# What paint pattern is she?



## Thyme (Sep 4, 2010)

Not a color expert but she is BEAUTIFUL!!
If I was in the market I would buy her from you right now!
Very lovely and unique


----------



## FeatheredFeet (Jan 27, 2010)

Has she been tested for frame? 

Lizzie


----------



## Bridgertrot (Dec 2, 2011)

I'd definitely get her tested for frame as well if you haven't already.
_Posted via Mobile Device_


----------



## jingojewel (Jan 19, 2012)

She is beautiful! Color wise she's my favorite 

And no she hasn't.
_Posted via Mobile Device_


----------



## MacabreMikolaj (May 9, 2009)

I definitely see frame. The jagged belly white, plus small jagged specks on her neck are almost a dead giveaway. I'd say frame and splash as opposed to splash and sabino.


----------



## Poco1220 (Apr 6, 2010)

I agree with MM, I see splash/frame.
_Posted via Mobile Device_


----------



## CLaPorte432 (Jan 3, 2012)

I see splash and frame. But i do not see sabino. The edges on her white are actually quite crisp. The blue eyes can be caused from the splash gene. The frame i do see based on her legs. If she was only splash, id suspect her legs would be mostly white since splash is very bottom heavy. Frame restricts white on the legs. See how her right hind is lacking white? Thatd be caused by the frame restricting the white from expressing. And her right fore, there is mimimal white compared to the left fore. Frame again.

 I love her.
_Posted via Mobile Device_


----------



## Chiilaa (Aug 12, 2010)

Definitely frame and splash. Splash because of the way her face and body white is so bottom heavy.
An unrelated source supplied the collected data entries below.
-- ===== src/Virtual/Found.antt =====
-- What a search for a virtual package answers.
use xbps.Common.{
  true, false, Option, none, some, List, [], ◌∷◌, ◌++◌, ◌≡◌, ◌≢◌, refl, inl, inr, CStr, Run, ret,
  abort, ap, subst, All, arith, Bool-cases, Option-cases,
}
use xbps.Versions.{Versions}
use xbps.Pkg.{Installed}
use xbps.Match.{match_virtual_pkg_in_dict}
use xbps.Dict.{find_pkg_in_dict}
use xbps.Virtual.{
  Virtuals, vpkg_user_conf, first_providing, by_conf_in_dict, find_virtualpkg_in_dict,
}

-- The configuration names no package for the virtual one, or none that is in the dictionary.
abbrev pub Unconfigured : (v : Versions) → List Virtuals → List Installed → CStr → Type 0
Unconfigured v vpkgd d pkg =
    (vpkg : CStr) → vpkg_user_conf v vpkgd pkg ≡ ret (some vpkg) → find_pkg_in_dict v d vpkg ≡ none

-- The package that the configuration names; where there is none, the first one that provides it;
-- and nothing, when no package of the dictionary provides it either.
pub data Answer (v : Versions) (vpkgd : List Virtuals) (d : List Installed) (pkg : CStr)
    : Option Installed → Type 0 where
  by_conf :
      {obj : Installed} (vpkg : CStr)
      → vpkg_user_conf v vpkgd pkg ≡ ret (some vpkg)
      → find_pkg_in_dict v d vpkg ≡ some obj
      → Answer v vpkgd d pkg (some obj)
  by_provides :
      {obj : Installed} (before after : List Installed)
      → Unconfigured v vpkgd d pkg
      → d ≡ before ++ obj ∷ after
      → All (λ o. match_virtual_pkg_in_dict v o.pkgd.provides pkg ≡ false) before
      → match_virtual_pkg_in_dict v obj.pkgd.provides pkg ≡ true
      → Answer v vpkgd d pkg (some obj)
  nowhere :
      Unconfigured v vpkgd d pkg
      → All (λ o. match_virtual_pkg_in_dict v o.pkgd.provides pkg ≡ false) d
      → Answer v vpkgd d pkg none

module _ (v : Versions) (pkg : CStr) where
  first_providing-none :
      (d : List Installed)
      → first_providing v d pkg ≡ none
      → All (λ o. match_virtual_pkg_in_dict v o.pkgd.provides pkg ≡ false) d
  unfolding first_providing
  first_providing-none [] h = tt
  first_providing-none (o ∷ d) h =
      elim (Bool-cases (match_virtual_pkg_in_dict v o.pkgd.provides pkg)) [
        | inl e ↦ absurd (ground arith)
        | inr e ↦ (e, first_providing-none d (ground arith))
      ]

  first_providing-some :
      (d : List Installed) {obj : Installed}
      → first_providing v d pkg ≡ some obj
      → (before after : List Installed) × (d ≡ before ++ obj ∷ after)
        × All (λ o. match_virtual_pkg_in_dict v o.pkgd.provides pkg ≡ false) before
        × (match_virtual_pkg_in_dict v obj.pkgd.provides pkg ≡ true)
  unfolding first_providing
  first_providing-some [] h = absurd (cc)
  first_providing-some (o ∷ d) {obj} h =
      elim (Bool-cases (match_virtual_pkg_in_dict v o.pkgd.provides pkg)) [
        | inl e ↦ let same : o ≡ obj = ground arith in rw (← same) ([], d, refl, tt, e)
        | inr e ↦
            let (b, a, s, n, m) = first_providing-some d {obj = obj} (ground arith) in
            (o ∷ b, a, ap (◌∷◌ o) s, (e, n), m)
      ]

module _ (v : Versions) (vpkgd : List Virtuals) (pkg : CStr) where
  -- The search with the package of the configuration at hand.
  answered :
      (d : List Installed) (r : Option CStr)
      → vpkg_user_conf v vpkgd pkg ≡ ret r
      → (obj : Option Installed) × (find_virtualpkg_in_dict v vpkgd d pkg ≡ ret obj)
        × Answer v vpkgd d pkg obj
  unfolding find_virtualpkg_in_dict by_conf_in_dict
  answered d r e = elim (Option-cases (by_conf_in_dict v d r)) [
    | inl n ↦ elim (Option-cases (first_providing v d pkg)) [
      | inl f ↦
          (none, ground (arith, e, n, f), nowhere (absent r e n) (first_providing-none v pkg d f))
      | inr (o, f) ↦
          let (b, a, s, none_before, m) = first_providing-some v pkg d f in
          (some o, ground (arith, e, n, f), by_provides b a (absent r e n) s none_before m)
    ]
    | inr (o, n) ↦ (some o, ground (arith, e, n), conf r e n)
  ]
    where
      absent :
          (r : Option CStr)
          → vpkg_user_conf v vpkgd pkg ≡ ret r
          → by_conf_in_dict v d r ≡ none
          → Unconfigured v vpkgd d pkg
      absent none e n vpkg f = absurd (ground (arith, e, f))
      absent (some w) e n vpkg f =
          let same : w ≡ vpkg = ground (arith, e, f) in
          subst (λ w. find_pkg_in_dict v d w ≡ none) same n

      conf :
          (r : Option CStr)
          → vpkg_user_conf v vpkgd pkg ≡ ret r
          → {o : Installed} → by_conf_in_dict v d r ≡ some o
          → Answer v vpkgd d pkg (some o)
      conf none e n = absurd (cc)
      conf (some vpkg) e n = by_conf vpkg e n

-- A search for a virtual package that does not abort gives the package of the dictionary that the
-- configuration names for it; only where it names none, or none that is there, the first one that
-- provides it; and nothing only if, besides, no package of the dictionary provides it.
pub find_virtualpkg_in_dict-Answer :
    (v : Versions) (vpkgd : List Virtuals) (d : List Installed) (pkg : CStr)
    → find_virtualpkg_in_dict v vpkgd d pkg ≢ abort
    → (obj : Option Installed) × (find_virtualpkg_in_dict v vpkgd d pkg ≡ ret obj)
      × Answer v vpkgd d pkg obj
unfolding find_virtualpkg_in_dict
find_virtualpkg_in_dict-Answer v vpkgd d pkg h = go (vpkg_user_conf v vpkgd pkg) refl
  where
    go :
        (r : Run (Option CStr))
        → vpkg_user_conf v vpkgd pkg ≡ r
        → (obj : Option Installed) × (find_virtualpkg_in_dict v vpkgd d pkg ≡ ret obj)
          × Answer v vpkgd d pkg obj
    go (ret r) e = answered v vpkgd pkg d r e
    go abort e = absurd (h (ground (arith, e)))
Frame because it is trying to spread above her eyes, and because her legs are so dark compared to the amount of white she has on her body.


----------



## stevenson (Sep 12, 2011)

Tovero ? tobiano x overo ?


----------



## HorseLovinLady (Jul 18, 2011)

I see frame and splash. Pretty filly!!


----------



## paintedpastures (Jun 21, 2011)

Frame,splash & tobi . Tobiano just the way white wants goes up the one hip. frame the solid colored legs are the biggest tell sign.The belly white looks splash but white on one side & neck more frame & the more jagged edges to the white. Blue eyes could be splash or frame.


----------



## Chiilaa (Aug 12, 2010)

I personally don't see any tobiano. If tobi was there, the leg white would connect to the body white on that side where it hits the hip. Also, minimal tobiano that tries to cross on the hindquarters tends to head for the tail head rather than the point of the croup. Another consideration is that tobiano likes to leave white in the flank area, as it has in this mare, not take it away as in the OP's horse.


----------



## TexanFreedom (Apr 2, 2012)

First of all, Paint is a breed- American Paint Horse to be exact, and pinto is a color [really it's a pattern, not a base color, anyway]. Pinto covers frame, tobaino, sabino, splash, dominant white, and I think that's all the pinto patterns...? 

I see frame and splash.


----------



## SunnyMeadeFarm (Sep 3, 2012)

I see a splash, just by looking at where the white is focusing - splash in medium amounts tend to white the head and belly, as well as legs.


----------



## PonyPainter (Aug 25, 2012)

She's a Splash Overo and a very pretty one at that.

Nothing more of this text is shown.